A strength of this study was its use of a prospective cohort design with large panel data at 10 time points. Additionally, we used an objective indicator of functional ability as an outcome measurement, and controlled for various confounders, including socio-demographics and physiological variables. This study also has several limitations. First, the data on long-term care levels were obtained only for people who applied for the LTCI. Individuals who did not use public LTCI for any reason, such as being able to afford private nursing care, would be considered independent in our analysis. However, as a rule, all people living in Japan over 40 years old are insured by the LTCI; therefore, we assume that few people in need of LTCI do not apply for it. Second, reverse causation remains possible, as we did not adjust for some confounders relating to the preliminary stage of functional decline. To improve our inferences of causality, we restricted study participants to those who were independent at baseline, excluded persons who were certified for long-term care within 3 months after the baseline, and adjusted for the major diseases related to long-term care level and ADLs at baseline. Third, the magnitudes of the gap between each functional ability levels are not even across the levels evaluated using national LTCI system and mortality information. Moreover, death is conceptually different from functional ability. The potential solution may be to exclude cases of death. However, we believe that it is important to understand the patterns of declining functional ability among all older people who can be the targets of long-term care prevention measures in the community. Thus, we have conceptualized death as being at the end of the continuum of functional disability. Finally, the database contained no information on those who were certified as “non-applicable (independent)” after initially being certified as needing long-term care. This indicates that individuals whose long-term care level ultimately reached independence were considered to have maintained the care level that they previously had. However, in a 5-year period, such cases account for less than 1% of all certified persons requiring long-term care.[31]

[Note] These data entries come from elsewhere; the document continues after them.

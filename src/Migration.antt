-- ===== src/Migration.antt =====
-- The broker as scripts/migrate_queue_type.py asks it, and the requests of the script. A message is its
-- properties and its body, which are carried as they are. A message that was got and is not acknowledged is
-- still in its queue, to which the broker returns it.
pub mod Script
pub mod Hoare
pub mod Requests
pub mod Moves
pub mod Drains
pub mod Declares
pub mod Kept
pub mod Carried
pub mod Whole
pub mod Dry
pub mod Examples
use flow_first.Base.{
  ℕ, zero, suc, ◌+◌, String, Bool, true, false, not, ◌&&◌, Option, none, some, List, [], ◌∷◌, ◌++◌,
  length, ltb, any, if◌then◌else◌,
}
use flow_first.Base.Dict.{Dict, get, put, pop}
use flow_first.Base.Text.{concat}
use flow_first.Queues.{all_queues, queue_dead_letters}

-- x-queue-type
pub data Kind : Type 0 where
  quorum classic : Kind

abbrev same_kind : Kind → Kind → Bool
same_kind Kind.quorum Kind.quorum = true
same_kind Kind.classic Kind.classic = true
same_kind j k = false

pub record Queue : Type 0 where
  pub kind : Kind
  pub messages : List String
  pub consumers : ℕ

abbrev pub Queues : Type 0
Queues = Dict Queue

-- A request is answered, or the connection breaks before or after the broker carried it out.
pub data Answer : Type 0 where
  answered refused unanswered : Answer

pub record Broker : Type 0 where
  -- the answers to the coming requests; past the end, requests are answered
  pub answers : List Answer
  pub queues : Queues

pub data Ended (A : Type 0) : Type 0 where
  returned : A → Ended A
  -- an exception of pika, which ends the script
  raised : Ended A
  -- the fuel of a loop is used up
  unfinished : Ended A

abbrev pub Script : Type 0 → Type 0
Script A = Broker → Ended A × Broker

module _ {A : Type 0} where
  abbrev pub give : A → Script A
  give a b = (Ended.returned a, b)

  abbrev pub out_of_fuel : Script A
  out_of_fuel b = (Ended.unfinished, b)

  -- what the broker answers, if it does not close the channel
  abbrev pub ended_of : Option A → Ended A
  ended_of none = Ended.raised
  ended_of (some a) = Ended.returned a

  abbrev pub request_with : List Answer → (Queues → Option A × Queues) → Script A
  request_with [] work b =
      let (a, queues) = work b.queues in (ended_of a, record b { queues = queues })
  request_with (Answer.answered ∷ rest) work b =
      let (a, queues) = work b.queues in (ended_of a, record { answers = rest; queues = queues })
  request_with (Answer.refused ∷ rest) work b = (Ended.raised, record b { answers = rest })
  request_with (Answer.unanswered ∷ rest) work b =
      (Ended.raised, record { answers = rest; queues = (work b.queues).1 })

  abbrev pub request : (Queues → Option A × Queues) → Script A
  request work b = request_with b.answers work b

module _ {A B : Type 0} where
  infixl 10 ◌>>=◌ ◌>>◌
  abbrev pub after : Ended A × Broker → (A → Script B) → Ended B × Broker
  after (Ended.returned a, b) rest = rest a b
  after (Ended.raised, b) rest = (Ended.raised, b)
  after (Ended.unfinished, b) rest = (Ended.unfinished, b)

  abbrev pub ◌>>=◌ : Script A → (A → Script B) → Script B
  ◌>>=◌ m rest b = after (m b) rest

  abbrev pub ◌>>◌ : Script A → Script B → Script B
  m >> rest = m >>= λ _. rest

-- ("ok", message_count, consumer_count), and "mismatch" for a refusal with 406
pub data Declared : Type 0 where
  fits : ℕ → ℕ → Declared
  mismatch : Declared

abbrev pub declared : Kind → Option Queue → Declared
declared target none = Declared.fits 0 0
declared target (some q) =
    if same_kind q.kind target
    then Declared.fits (length q.messages) q.consumers
    else Declared.mismatch

-- queue_declare creates a queue that is missing
abbrev pub create : Kind → String → Option Queue → Queues → Queues
create target name none queues =
    put queues name (record { kind = target; messages = []; consumers = 0 })
create target name (some q) queues = queues

-- _declare
unfoldable pub declare : String → Kind → Script Declared
unfolding get put
declare name target = request λ queues.
    (some (declared target (get queues name)), create target name (get queues name) queues)

abbrev pub counts : Option Queue → Option (ℕ × ℕ)
counts none = none
counts (some q) = some (length q.messages, q.consumers)

-- _exists
unfoldable pub exists : String → Script (Option (ℕ × ℕ))
unfolding get
exists name = request λ queues. (some (counts (get queues name)), queues)

-- basic_get: it raises if the queue is missing
abbrev pub first : Option Queue → Option (Option String)
first none = none
first (some q) = some (elim q.messages [ [] ↦ none | m ∷ rest ↦ some m ])

unfoldable pub basic_get : String → Script (Option String)
unfolding get
basic_get source = request λ queues. (first (get queues source), queues)

-- basic_publish(mandatory=True) with publisher confirms: it raises if the queue is missing
abbrev pub append : String → String → Option Queue → Queues → Option (Unit {0}) × Queues
append queue m none queues = (none, queues)
append queue m (some q) queues =
    (some tt, put queues queue (record q { messages = q.messages ++ m ∷ [] }))

unfoldable pub basic_publish : String → String → Script (Unit {0})
unfolding get put
basic_publish queue m = request λ queues. append queue m (get queues queue) queues

abbrev pub tail : List String → List String
tail [] = []
tail (m ∷ rest) = rest

-- basic_ack of the message that was got from the queue
abbrev pub drop_first : String → Option Queue → Queues → Queues
drop_first queue none queues = queues
drop_first queue (some q) queues = put queues queue (record q { messages = tail q.messages })

unfoldable pub basic_ack : String → Script (Unit {0})
unfolding get put
basic_ack queue = request λ queues. (some tt, drop_first queue (get queues queue) queues)

unfoldable pub queue_delete : String → Script (Unit {0})
unfolding pop
queue_delete name = request λ queues. (some tt, pop queues name)
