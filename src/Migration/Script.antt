-- ===== src/Migration/Script.antt =====
-- scripts/migrate_queue_type.py: every queue is copied to a temporary queue of the new type, deleted, declared
-- again and filled from the copy. What the script prints, its options and setup_queues at its end are left.
use flow_first.Base.{
  ℕ, zero, suc, ◌+◌, String, Bool, true, false, not, ◌&&◌, ◌||◌, Option, none, some, List, [], ◌∷◌,
  ◌++◌, ltb, if◌then◌else◌,
}
use flow_first.Base.Text.{concat}
use flow_first.Queues.{all_queues, queue_dead_letters}
use flow_first.Migration.{
  Kind, Script, give, out_of_fuel, ◌>>=◌, ◌>>◌, Declared, declare, exists, basic_get, basic_publish,
  basic_ack, queue_delete,
}

-- the body of the loop of _move
abbrev pub move_next : ℕ → Script (Unit {0}) → (String → Script ℕ) → Option String → Script ℕ
move_next moved idle carry none = give moved
move_next moved idle carry (some m) = carry m

-- _move, which has carried `moved` messages
unfoldable pub move : ℕ → String → String → ℕ → Script ℕ
unfolding basic_get basic_publish basic_ack
move zero source destination moved = out_of_fuel
move (suc fuel) source destination moved =
    basic_get source
    >>= move_next moved (give tt) λ m.
      basic_publish destination m >> basic_ack source >> move fuel source destination (suc moved)

-- The queue is deleted if it holds no message. The broker of the model has no other client, so that nothing
-- arrives between the request for the state and the deletion.
abbrev pub deletion : String → Option (ℕ × ℕ) → Script Bool
deletion name none = give true
deletion name (some (zero, consumers)) = queue_delete name >> give true
deletion name (some (suc n, consumers)) = give false

-- _delete_if_empty
unfoldable pub delete_if_empty : String → Script Bool
unfolding exists queue_delete
delete_if_empty name = exists name >>= deletion name

abbrev pub drained : Script ℕ → ℕ → Bool → Script ℕ
drained again moved true = give moved
drained again moved false = again

-- the two loops that move until the queue can be deleted
unfoldable pub drain : ℕ → ℕ → String → String → ℕ → Script ℕ
unfolding move delete_if_empty
drain zero fuel source destination moved = out_of_fuel
drain (suc rounds) fuel source destination moved = move fuel source destination moved >>= λ now.
    delete_if_empty source >>= drained (drain rounds fuel source destination now) now

abbrev pub fit : Declared → Declared
fit (Declared.fits messages consumers) = Declared.fits 0 0
fit Declared.mismatch = Declared.mismatch

-- the declaration of _peek, on a queue that is there
abbrev pub peek_present : String → Kind → Option (ℕ × ℕ) → Script Declared
peek_present name target none = give (Declared.fits 0 0)
peek_present name target (some found) = declare name target >>= λ d. give (fit d)

-- _peek
unfoldable pub peek : String → Kind → Script Declared
unfolding exists declare
peek name target = exists name >>= peek_present name target

abbrev pub temp_of : String → String
temp_of name = concat ("migrate_" ∷ name ∷ [])

abbrev pub waiting_count : Option (ℕ × ℕ) → ℕ
waiting_count none = 0
waiting_count (some (messages, consumers)) = messages

-- the copy to the temporary queue, if the queue has the other type
abbrev pub copy_out : ℕ → String → Kind → Declared → Script ℕ
copy_out fuel name target (Declared.fits messages consumers) = give 0
copy_out fuel name target Declared.mismatch =
    declare (temp_of name) target >> drain fuel fuel name (temp_of name) 0

-- the copy back, if the temporary queue is there
abbrev pub copy_back : ℕ → String → Option (ℕ × ℕ) → Script ℕ
copy_back fuel name none = give 0
copy_back fuel name (some found) = drain fuel fuel (temp_of name) name 0

abbrev pub carry_over : ℕ → String → Kind → Declared → Script ℕ
carry_over fuel name target state = copy_out fuel name target state >>= λ moved.
    declare name target >> (exists (temp_of name) >>= copy_back fuel name) >> give moved

abbrev pub migrate_found : ℕ → String → Kind → Bool → Declared → Option (ℕ × ℕ) → Script ℕ
migrate_found fuel name target dry_run (Declared.fits messages consumers) none = give 0
migrate_found fuel name target true state left_over =
    exists name >>= λ old. give (waiting_count old)
migrate_found fuel name target false state left_over = carry_over fuel name target state

unfoldable pub migrate_one : ℕ → String → Kind → Bool → Script ℕ
unfolding declare exists drain peek
migrate_one fuel name target dry_run =
    (if dry_run then peek name target else declare name target) >>= λ state.
    exists (temp_of name) >>= migrate_found fuel name target dry_run state

abbrev pub consumed : Option (ℕ × ℕ) → Bool
consumed none = false
consumed (some (messages, consumers)) = ltb 0 consumers

-- the queues that have consumers
unfoldable pub busy : List String → Script Bool
unfolding exists
busy [] = give false
busy (name ∷ names) = exists name >>= λ state. busy names >>= λ rest. give (consumed state || rest)

unfoldable pub migrate_all : ℕ → List String → Kind → Bool → Script ℕ
unfolding migrate_one
migrate_all fuel [] target dry_run = give 0
migrate_all fuel (name ∷ names) target dry_run = migrate_one fuel name target dry_run >>= λ n.
    migrate_all fuel names target dry_run >>= λ rest. give (n + rest)

-- the status of the script, and what it reports; the loops get the fuel
abbrev pub unless_busy : ℕ → List String → Kind → Bool → Bool → Bool → Script (ℕ × ℕ)
unless_busy fuel names target dry_run force is_busy =
    if is_busy && not force
    then give (1, 0)
    else migrate_all fuel names target dry_run >>= λ total. give (0, total)

unfoldable pub main : ℕ → Kind → Bool → Bool → Script (ℕ × ℕ)
unfolding busy migrate_all
main fuel target dry_run force =
    busy (all_queues ++ queue_dead_letters ∷ [])
    >>= unless_busy fuel (all_queues ++ queue_dead_letters ∷ []) target dry_run force
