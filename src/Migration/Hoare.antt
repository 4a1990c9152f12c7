-- ===== src/Migration/Hoare.antt =====
-- What a script does to the queues, by its steps: a relation between the queues before and after holds however
-- the script ends, a condition on the result holds if it returns, and its loops have the fuel they need.
use flow_first.Base.{Option, none, some, List, [], ◌∷◌, ◌≡◌, refl}
use flow_first.Migration.{
  Queues, Answer, Broker, Ended, Script, give, ended_of, request_with, request, after, ◌>>=◌,
}

abbrev pub Ends : {A : Type 0} → (A → Queues → Type 0) → Ended A → Queues → Type 0
Ends Post (Ended.returned a) queues = Post a queues
Ends Post Ended.raised queues = Unit {0}
Ends Post Ended.unfinished queues = ⊥

-- the request was carried out, with this answer and these queues
abbrev pub Answers : {A : Type 0} → Option A × Queues → A → Queues → Type 0
Answers done a queues = (done.0 ≡ some a) × (done.1 ≡ queues)

module _ (Rel : Queues → Queues → Type 0) where
  -- of a script that was started in the broker `b`
  abbrev pub Runs : {A : Type 0} → (A → Queues → Type 0) → Broker → Ended A × Broker → Type 0
  Runs Post b (ended, c) = Rel b.queues c.queues × Ends Post ended c.queues

  -- A weaker relation and a weaker condition hold too.
  pub weaken-Runs :
      {A : Type 0} (Other : Queues → Queues → Type 0) (First Post : A → Queues → Type 0)
      (b : Broker) (r : Ended A × Broker)
      → ((q : Queues) → Rel b.queues q → Other b.queues q)
      → ((a : A) (q : Queues) → Rel b.queues q → First a q → Post a q)
      → Runs First b r
      → Other b.queues r.1.queues × Ends Post r.0 r.1.queues
  weaken-Runs Other First Post b (Ended.returned a, c) weaker next (rel, h) =
      (weaker c.queues rel, next a c.queues rel h)
  weaken-Runs Other First Post b (Ended.raised, c) weaker next (rel, h) = (weaker c.queues rel, tt)
  weaken-Runs Other First Post b (Ended.unfinished, c) weaker next (rel, h) = absurd h

module _ (Rel : Queues → Queues → Type 0) (reflexive : (p : Queues) → Rel p p)
    (transitive : (p q r : Queues) → Rel p q → Rel q r → Rel p r) where
  pub give-Runs :
      {A : Type 0} (Post : A → Queues → Type 0) (a : A) (b : Broker)
      → Post a b.queues
      → Runs Rel Post b (give a b)
  give-Runs Post a b h = (reflexive b.queues, h)

  answer-Ends :
      {A : Type 0} (a : Option A) (queues : Queues) → Ends (Answers (a, queues)) (ended_of a) queues
  answer-Ends none queues = tt
  answer-Ends (some x) queues = (refl, refl)

  -- A request that is carried out does to the queues what it does, and answers from them.
  pub request-Runs :
      {A : Type 0} (work : Queues → Option A × Queues) (b : Broker)
      → Rel b.queues (work b.queues).1
      → Runs Rel (Answers (work b.queues)) b (request work b)
  request-Runs work b h = by_answers b.answers
    where
      by_answers :
          (answers : List Answer)
          → Runs Rel (Answers (work b.queues)) b (request_with answers work b)
      by_answers [] = (h, answer-Ends (work b.queues).0 (work b.queues).1)
      by_answers (Answer.answered ∷ rest) = (h, answer-Ends (work b.queues).0 (work b.queues).1)
      by_answers (Answer.refused ∷ rest) = (reflexive b.queues, tt)
      by_answers (Answer.unanswered ∷ rest) = (h, tt)

  pub bind-Runs :
      {A B : Type 0} (First : A → Queues → Type 0) (Post : B → Queues → Type 0) (m : Script A)
      (rest : A → Script B) (b : Broker)
      → Runs Rel First b (m b)
      → ((a : A) (c : Broker)
          → Rel b.queues c.queues
          → First a c.queues
          → Runs Rel Post c (rest a c))
      → Runs Rel Post b ((m >>= rest) b)
  bind-Runs First Post m rest b first then_rest = joined (m b) first
    where
      joined : (r : Ended _ × Broker) → Runs Rel First b r → Runs Rel Post b (after r rest)
      joined (Ended.returned a, c) (rel, h) =
          let (rel', h') = then_rest a c rel h in (transitive b.queues c.queues _ rel rel', h')
      joined (Ended.raised, c) (rel, h) = (rel, tt)
      joined (Ended.unfinished, c) (rel, h) = absurd h

  -- What a request answers is taken into a condition on the answer and the queues.
  pub serve-Runs :
      {A : Type 0} (Post : A → Queues → Type 0) (work : Queues → Option A × Queues) (b : Broker)
      → Rel b.queues (work b.queues).1
      → ((a : A) (q : Queues) → Answers (work b.queues) a q → Post a q)
      → Runs Rel Post b (request work b)
  serve-Runs Post work b h next =
      weaken-Runs Rel Rel (Answers (work b.queues)) Post b (request work b) (λ q rel. rel)
        (λ a q rel done. next a q done) (request-Runs work b h)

In conclusion, we identified three distinct trajectories of functional abilities among community-dwelling older people during a 31-month observation period. Furthermore, a low frequency of outings was associated with a future pattern of maintaining moderate functional decline among older men, but not with a future rapid decline. The study results need to be cautiously interpreted due to the possible reverse causation that weaker functions at baseline caused fewer outings. If the observed association was causal, interventions to promote outings for older people, such as increasing opportunities to access community events and ease of access to restaurants and retail stores,[32] might be effective in slowing the decline of functional ability among men with better initial care levels. It also would be necessary to consider the sex-specific factors related to a low frequency of outings.